Thorac Cardiovasc Surg 2018; 66(06): 425
DOI: 10.1055/s-0038-1669912
Editorial
Georg Thieme Verlag KG Stuttgart · New York

Alt(ernative) Metrics

Markus K. Heinemann
1   Department of Cardiac, Thoracic and Vascular Surgery, Universitaetsmedizin Mainz, Mainz, Germany
› Author Affiliations
Further Information

Publication History

Publication Date:
04 September 2018 (online)

When reading British literature published before 1971 one will encounter strange expressions for monetary units such as “farthing” or “florin” or, perhaps more familiar, “sixpence” or “shilling.” On February 15th of that year the United Kingdom changed its currency from the century-old duodecimal to the universally much more popular (because easier to calculate) decimal system. The new monetary metrics were introduced with the help of a huge marketing campaign including pop songs, children's games, and TV spots. “Penny/pence” and the “pound” have survived into our more modern times, all other denominations were lost. In the former system one pound consisted of 240 pence, with 12 pence amounting to one shilling and 20 of those to one pound again. Prices were accordingly denoted in a tripartite matter derived from ancient Latin: £/s/d = librum (pound)/solidus/denarius. So when you bought the last Beatles album, Let It Be, upon its first release as a stately box-set on May 8th 1970, its UK retail price was then listed as “£2/19s/11d” – a nonsensical sum one penny less than £3. Those were the days.

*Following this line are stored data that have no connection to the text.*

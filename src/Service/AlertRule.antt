-- ===== src/Service/AlertRule.antt =====
-- internal/core/service/alertrule.go
pub mod Raising
pub mod Evaluating
pub mod Auditing
use orchestrix_api.Common.{
  String, Bool, true, false, Option, none, some, List, [], ◌∷◌, ℤ, page_offset, override,
  override_pointer, if◌then◌else◌,
}
use orchestrix_api.Fault.{Result, ok, err}
use orchestrix_api.Domain.Values.{Uuid, Time, Float64, override_raw}
use orchestrix_api.Domain.AlertRule.{
  AlertRule, Checked, failed, value, can_trigger, evaluate_threshold,
}
use orchestrix_api.Domain.Alert.{Alert}
use orchestrix_api.Domain.Audit.{
  AuditEvent, AuditAction, alert_rule_created, alert_rule_updated, alert_rule_deleted, ResourceType,
  Entity, of_alert_rule,
}
use orchestrix_api.Port.Inputs.{Page, CreateAlertInput, CreateAlertRuleInput, UpdateAlertRuleInput}
use orchestrix_api.Port.Call.{
  Ports, History, read, save_alert_rule, update_alert_rule, delete_alert_rule,
  update_last_triggered,
}
use orchestrix_api.Port.Action.{Action, ask, write, pure, gets, ignore, ◌>>=◌, ◌>>◌}
use orchestrix_api.Service.Audit.{set_tenant, record_audit}
use orchestrix_api.Service.Alert as AlertService
use orchestrix_api.Service.Workflow as WorkflowService

-- The literal of Create.
abbrev pub new_rule : Uuid → Time → Time → CreateAlertRuleInput → AlertRule
new_rule id created updated input = record {
  id = id;
  tenant_id = input.tenant_id;
  name = input.name;
  description = input.description;
  enabled = true;
  condition_type = input.condition_type;
  condition_config = input.condition_config;
  severity = input.severity;
  alert_title_template = input.alert_title_template;
  alert_message_template = input.alert_message_template;
  trigger_workflow_id = input.trigger_workflow_id;
  trigger_input_template = input.trigger_input_template;
  cooldown_seconds = input.cooldown_seconds;
  last_triggered_at = none;
  created_by = some input.created_by;
  created_at = created;
  updated_at = updated;
}

-- The assignments of Update.
unfoldable pub apply_update : Time → UpdateAlertRuleInput → AlertRule → AlertRule
apply_update now input r = record r {
  name = override input.name r.name;
  description = override_pointer input.description r.description;
  enabled = override input.enabled r.enabled;
  condition_type = override input.condition_type r.condition_type;
  condition_config = override_raw input.condition_config r.condition_config;
  severity = override input.severity r.severity;
  alert_title_template = override input.alert_title_template r.alert_title_template;
  alert_message_template = override_pointer input.alert_message_template r.alert_message_template;
  trigger_workflow_id = override_pointer input.trigger_workflow_id r.trigger_workflow_id;
  trigger_input_template = override_raw input.trigger_input_template r.trigger_input_template;
  cooldown_seconds = override input.cooldown_seconds r.cooldown_seconds;
  updated_at = now;
}

-- The `switch` of logAudit.
abbrev pub action_of : AuditEvent → AuditAction
action_of alert_rule_updated = AuditAction.update
action_of alert_rule_deleted = AuditAction.delete
action_of _ = AuditAction.create

-- The literal that Evaluate hands to the alert service.
abbrev pub alert_input : Uuid → AlertRule → CreateAlertInput
alert_input tenant_id rule = record {
  tenant_id = tenant_id;
  workflow_id = none;
  execution_id = none;
  severity = rule.severity;
  title = rule.alert_title_template;
  message = rule.alert_message_template;
  source = none;
  triggered_by_rule_id = some rule.id;
}

-- How Evaluate ends: it returns, or it calls a method of a nil workflow service, which panics.
pub data Outcome : Type 0 where
  returned : Result (Unit {0}) → Outcome
  panicked : Outcome

module _ (p : Ports) where
  unfoldable pub list : Uuid → ℤ → ℤ → Action (Page AlertRule)
  list tenant_id page limit = do
    set_tenant p tenant_id
    let offset = page_offset page limit
    rules ← ask "alert rules by tenant" λ h. p.rules.find_by_tenant h tenant_id limit offset
    total ← ask "alert rules of tenant" λ h. p.rules.count_by_tenant h tenant_id
    pure (record { items = rules; total = total; page = page; limit = limit })

  unfoldable pub get_by_id : Uuid → Action AlertRule
  get_by_id id = ask "alert rule by id" λ h. p.rules.find_by_id h id

  unfoldable pub log_audit :
      Uuid → Option Uuid → AuditEvent → Uuid → Option Entity → Option Entity → Action Unit
  log_audit tenant_id user_id event resource_id old new =
      record_audit p tenant_id user_id event ResourceType.alert_rule resource_id (action_of event)
        old new

  unfoldable pub create : CreateAlertRuleInput → Action AlertRule
  unfolding log_audit
  create input = do
    set_tenant p input.tenant_id
    id ← gets λ h. p.host.new_uuid h 0
    created ← gets λ h. p.host.now h 0
    updated ← gets λ h. p.host.now h 1
    let rule = new_rule id created updated input
    write (save_alert_rule rule) λ h. p.rules.save h rule
    log_audit input.tenant_id (some input.created_by) alert_rule_created rule.id none
        (some (of_alert_rule rule))
    pure rule

  unfoldable pub update : Uuid → UpdateAlertRuleInput → Action AlertRule
  unfolding log_audit
  update id input = do
    old ← ask "alert rule by id" λ h. p.rules.find_by_id h id
    now ← gets λ h. p.host.now h 0
    let rule = apply_update now input old
    write (update_alert_rule rule) λ h. p.rules.update h rule
    log_audit rule.tenant_id none alert_rule_updated rule.id (some (of_alert_rule old))
        (some (of_alert_rule rule))
    pure rule

  unfoldable pub delete : Uuid → Action Unit
  unfolding log_audit
  delete id = do
    rule ← ask "alert rule by id" λ h. p.rules.find_by_id h id
    write (delete_alert_rule id) λ h. p.rules.delete h id
    log_audit rule.tenant_id none alert_rule_deleted rule.id (some (of_alert_rule rule)) none
    pure tt

  -- What the loop does with a rule, after which it goes on (true) or has panicked (false).

  -- A call of the workflow service with the input nil, which marshals to "null".
  unfoldable pub trigger_workflow : Option Uuid → Bool → History → Bool × History
  trigger_workflow none service h = (true, h)
  trigger_workflow (some id) true h = (true, (WorkflowService.execute p id "" "null" h).1)
  trigger_workflow (some id) false h = (false, h)

  unfoldable pub after_create : AlertRule → Result Alert → History → Bool × History
  unfolding trigger_workflow
  after_create rule (err e) h = (true, h)
  after_create rule (ok alert) h =
      let h' =
        (ignore
          (write (update_last_triggered rule.id) (λ g. p.rules.update_last_triggered g rule.id))
          h).1 in
      trigger_workflow rule.trigger_workflow_id p.has_workflow_service h'

  unfoldable pub after_check : Uuid → AlertRule → Checked Bool → History → Bool × History
  unfolding after_create
  after_check tenant_id rule (failed e) h = (true, h)
  after_check tenant_id rule (value false) h = (true, h)
  after_check tenant_id rule (value true) h =
      let (alert, h') = AlertService.create p (alert_input tenant_id rule) h in
      after_create rule alert h'

  unfoldable pub evaluate_rule : Uuid → Float64 → AlertRule → History → Bool × History
  unfolding after_check
  evaluate_rule tenant_id v rule h =
      if can_trigger (p.host.now h 0) rule
      then after_check tenant_id rule (evaluate_threshold v rule) h
      else (true, h)

  -- The loop of Evaluate.
  unfoldable pub evaluate_rules : Uuid → Float64 → List AlertRule → History → Outcome × History
  evaluate_rules tenant_id v [] h = (returned (ok tt), h)
  evaluate_rules tenant_id v (rule ∷ rules) h =
      let (go_on, h') = evaluate_rule tenant_id v rule h in
      let rest = evaluate_rules tenant_id v rules h' in if go_on then rest else (panicked, h')

  unfoldable pub evaluate_found :
      Uuid → Float64 → Result (List AlertRule) → History → Outcome × History
  unfolding evaluate_rules
  evaluate_found tenant_id v (err e) h = (returned (err e), h)
  evaluate_found tenant_id v (ok rules) h = evaluate_rules tenant_id v rules h

  -- The name of the metric is not read.
  unfoldable pub evaluate : Uuid → String → Float64 → History → Outcome × History
  unfolding evaluate_found
  evaluate tenant_id metric_name v h =
      evaluate_found tenant_id v (p.rules.find_enabled_by_tenant h tenant_id)
        (read "enabled alert rules of tenant" ∷ h)
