-- ===== src/Service/Metric.antt =====
-- internal/core/service/metric.go
pub mod Background
pub mod Ingesting
pub mod Defining
pub mod Sampling
use orchestrix_api.Common.{
  ℕ, suc, ◌+◌, ◌/◌, String, Bool, true, false, ◌&&◌, Option, none, some, List, [], ◌∷◌, map, ltb,
  length, ℤ, pos, ltb_ℤ, pos_part, page_offset, override, override_pointer, insert, if◌then◌else◌,
}
use orchestrix_api.Fault.{Error, sentinel, Result, ok, err, is_error}
use orchestrix_api.Domain.Errors.{
  DomainError, batch_too_large, metric_definition_exists, metric_definition_not_found,
}
use orchestrix_api.Domain.Values.{Uuid, Time, Float64}
use orchestrix_api.Domain.Metric.{
  Metric, MetricDefinition, MetricQuery, MetricAggregate, TimeBucket, validate,
}
use orchestrix_api.Port.Inputs.{
  Page, IngestMetricInput, IngestMetricBatchInput, IngestBatchResult, CreateMetricDefinitionInput,
  UpdateMetricDefinitionInput,
}
use orchestrix_api.Port.Call.{
  Ports, evaluate_alerts, evaluate_batch_alerts, History, save_metric, save_metric_batch,
  save_definition, update_definition, delete_definition,
}
use orchestrix_api.Port.Action.{
  Action, ask, write, launch, pure, raise, gets, check, attempt, ◌>>=◌, ◌>>◌,
}
use orchestrix_api.Service.Audit.{set_tenant}
use orchestrix_api.Service.AlertRule as AlertRuleService
use orchestrix_api.Service.AlertRule.{Outcome, returned, panicked}

-- MaxBatchSize
abbrev pub max_batch_size : ℕ
max_batch_size = 10000

-- The literals of Ingest and IngestBatch; a metric without a timestamp takes the given time.
abbrev pub new_metric : Uuid → Uuid → Time → Time → IngestMetricInput → Metric
new_metric id tenant_id now created input = record {
  id = id;
  tenant_id = tenant_id;
  name = input.name;
  value = input.value;
  labels = input.labels;
  source = input.source;
  timestamp = override input.timestamp now;
  created_at = created;
}

-- The literal of CreateDefinition.
abbrev pub new_definition : Uuid → Time → Time → CreateMetricDefinitionInput → MetricDefinition
new_definition id created updated input = record {
  id = id;
  tenant_id = input.tenant_id;
  name = input.name;
  display_name = input.display_name;
  description = input.description;
  unit = input.unit;
  kind = input.kind;
  aggregation = input.aggregation;
  alert_threshold = input.alert_threshold;
  retention_days = input.retention_days;
  created_at = created;
  updated_at = updated;
}

-- The assignments of UpdateDefinition.
unfoldable pub apply_update :
    Time → UpdateMetricDefinitionInput → MetricDefinition → MetricDefinition
apply_update now input d = record d {
  display_name = override_pointer input.display_name d.display_name;
  description = override_pointer input.description d.description;
  unit = override_pointer input.unit d.unit;
  kind = override input.kind d.kind;
  aggregation = override input.aggregation d.aggregation;
  alert_threshold = override_pointer input.alert_threshold d.alert_threshold;
  retention_days = override input.retention_days d.retention_days;
  updated_at = now;
}

-- The page of Query. Both numbers are positive where the division is made.
abbrev pub query_page : ℤ → ℤ → ℤ
query_page offset limit =
    if ltb_ℤ (pos 0) offset && ltb_ℤ (pos 0) limit
    then pos (pos_part offset / pos_part limit + 1)
    else pos 1

abbrev pub named_value : IngestMetricInput → String × Float64
named_value m = (m.name, m.value)

-- errors.Is(err, domain.ErrMetricDefinitionNotFound)
abbrev pub is_definition_not_found : DomainError → Bool
is_definition_not_found metric_definition_not_found = true
is_definition_not_found _ = false

module _ (p : Ports) where
  unfoldable pub ingest : IngestMetricInput → Action Unit
  ingest input = do
    set_tenant p input.tenant_id
    now ← gets λ h. p.host.now h 0
    id ← gets λ h. p.host.new_uuid h 0
    created ← gets λ h. p.host.now h 1
    let metric = new_metric id input.tenant_id now created input
    write (save_metric metric) λ h. p.metrics.save h metric
    launch (evaluate_alerts input.tenant_id input.name input.value)
    pure tt

  -- The loop of IngestBatch: the i-th metric takes the i-th fresh id.
  unfoldable pub new_metrics : History → Uuid → Time → ℕ → List IngestMetricInput → List Metric
  new_metrics h tenant_id now i [] = []
  new_metrics h tenant_id now i (m ∷ ms) =
      new_metric (p.host.new_uuid h i) tenant_id now now m ∷ new_metrics h tenant_id now (suc i) ms

  -- What IngestBatch returns once the batch was handed to the repository.
  unfoldable pub after_batch :
      IngestMetricBatchInput → Result ℕ → Action (IngestBatchResult × Option Error)
  after_batch input (err e) = pure (
    record { ingested = 0; failed = length input.metrics; errors = p.host.error_text e ∷ [] },
    some e,
  )
  after_batch input (ok count) = do
    launch (evaluate_batch_alerts input.tenant_id (map named_value input.metrics))
    pure (record { ingested = count; failed = 0; errors = [] }, none)

  -- An error comes without a result, or with one where the repository failed.
  unfoldable pub ingest_batch : IngestMetricBatchInput → Action (IngestBatchResult × Option Error)
  unfolding after_batch
  ingest_batch input =
      if ltb max_batch_size (length input.metrics) then raise (sentinel batch_too_large) else do
        set_tenant p input.tenant_id
        now ← gets λ h. p.host.now h 0
        metrics ← gets λ h. new_metrics h input.tenant_id now 0 input.metrics
        count ← attempt (write (save_metric_batch metrics) λ h. p.metrics.save_batch h metrics)
        after_batch input count

  unfoldable pub query : MetricQuery → Action (Page Metric)
  query q = do
    check (validate q)
    set_tenant p q.tenant_id
    metrics ← ask "metrics by query" λ h. p.metrics.find_by_query h q
    total ← ask "metrics of query" λ h. p.metrics.count_by_query h q
    pure (record {
      items = metrics;
      total = total;
      page = query_page q.offset q.limit;
      limit = q.limit;
    })

  unfoldable pub get_latest : Uuid → String → List (String × String) → Action Metric
  get_latest tenant_id name labels = do
    set_tenant p tenant_id
    ask "latest metric" λ h. p.metrics.find_latest h tenant_id name labels

  unfoldable pub get_aggregate : MetricQuery → Action MetricAggregate
  get_aggregate q = do
    check (validate q)
    set_tenant p q.tenant_id
    ask "aggregate" λ h. p.metrics.get_aggregate h q

  unfoldable pub get_series : MetricQuery → ℤ → Action (List TimeBucket)
  get_series q bucket_size = do
    check (validate q)
    set_tenant p q.tenant_id
    ask "series" λ h. p.metrics.get_series h q bucket_size

  unfoldable pub list_names : Uuid → String → Action (List String)
  list_names tenant_id prefix = do
    set_tenant p tenant_id
    ask "metric names" λ h. p.metrics.list_names h tenant_id prefix

  unfoldable pub list_definitions : Uuid → ℤ → ℤ → Action (Page MetricDefinition)
  list_definitions tenant_id page limit = do
    set_tenant p tenant_id
    let offset = page_offset page limit
    found ← ask "definitions by tenant" λ h. p.definitions.find_by_tenant h tenant_id limit offset
    total ← ask "definitions of tenant" λ h. p.definitions.count_by_tenant h tenant_id
    pure (record { items = found; total = total; page = page; limit = limit })

  unfoldable pub get_definition : Uuid → String → Action MetricDefinition
  get_definition tenant_id name = do
    set_tenant p tenant_id
    ask "definition by name" λ h. p.definitions.find_by_name h tenant_id name

  -- The tests that CreateDefinition makes of what it found.
  abbrev pub check_absent : Result MetricDefinition → Action Unit
  check_absent (ok d) = raise (sentinel metric_definition_exists)
  check_absent (err e) = if is_error is_definition_not_found e then pure tt else raise e

  unfoldable pub create_definition : CreateMetricDefinitionInput → Action MetricDefinition
  create_definition input = do
    set_tenant p input.tenant_id
    found ←
        attempt
          (ask "definition by name" λ h. p.definitions.find_by_name h input.tenant_id input.name)
    check_absent found
    id ← gets λ h. p.host.new_uuid h 0
    created ← gets λ h. p.host.now h 0
    updated ← gets λ h. p.host.now h 1
    let definition = new_definition id created updated input
    write (save_definition definition) λ h. p.definitions.save h definition
    pure definition

  unfoldable pub update_metric_definition :
      Uuid → String → UpdateMetricDefinitionInput → Action MetricDefinition
  update_metric_definition tenant_id name input = do
    set_tenant p tenant_id
    existing ← ask "definition by name" λ h. p.definitions.find_by_name h tenant_id name
    now ← gets λ h. p.host.now h 0
    let definition = apply_update now input existing
    write (update_definition definition) λ h. p.definitions.update h definition
    pure definition

  unfoldable pub delete_metric_definition : Uuid → String → Action Unit
  delete_metric_definition tenant_id name = do
    set_tenant p tenant_id
    found ← ask "definition by name" λ h. p.definitions.find_by_name h tenant_id name
    write (delete_definition tenant_id name) λ h. p.definitions.delete h tenant_id name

Sort of a currency in scientific publishing is the seemingly ever-lasting Journal Impact Factor (JIF), with every publisher and author craving for ever-higher values. In the modest range of highly specialized journals to which The Thoracic and Cardiovascular Surgeon belongs, a step-up from 1.424 to 1.536 as recently experienced is very satisfactory but not considered inflationary – always the danger with numerically increasing values not backed by solid gold any more.

Without going into the debate about the use and abuse of the JIF yet again, it is still worth noticing that more present-day metrics have entered the market. A fascinating one is propagated by a company aptly called “Altmetric” (www.altmetric.com). Its colorful, doughnut-shaped symbols are increasingly seen on journal and article websites. They graphically depict the “attention and online discussion surrounding your scholarly content” by measuring reception of a scientific article in the (social) media such as news outlets, blogs, Twitter, Facebook, Wikipedia, Google, and the like. On the related details page it will show “all of the original shares and mentions for a research output,” the theory being that the wider an article is spread the more likely it will be cited in the scientific closed shop JIF community in the end. So it is basically all about the attention created and the dissemination achieved, and by nature it is instantly available and constantly changing. The Altmetric Score must be seen as complementary to the traditional “bibliometrics” and, of course, it has all their usual drawbacks too, such as the potential for manipulation.

Nevertheless, in these rapidly changing times our reading habits have become different, and the channels through which many of our readers communicate simply did not exist ten years ago. Any information about the perception of a journal is valuable. The Thoracic and Cardiovascular Surgeon will therefore concentrate more on these alternative metrics to keep satisfying its clientele's demands.

Let It Be, by the way, is meanwhile available from £ 6.00 – and that is just one lonely CD, no box-set, no nothing.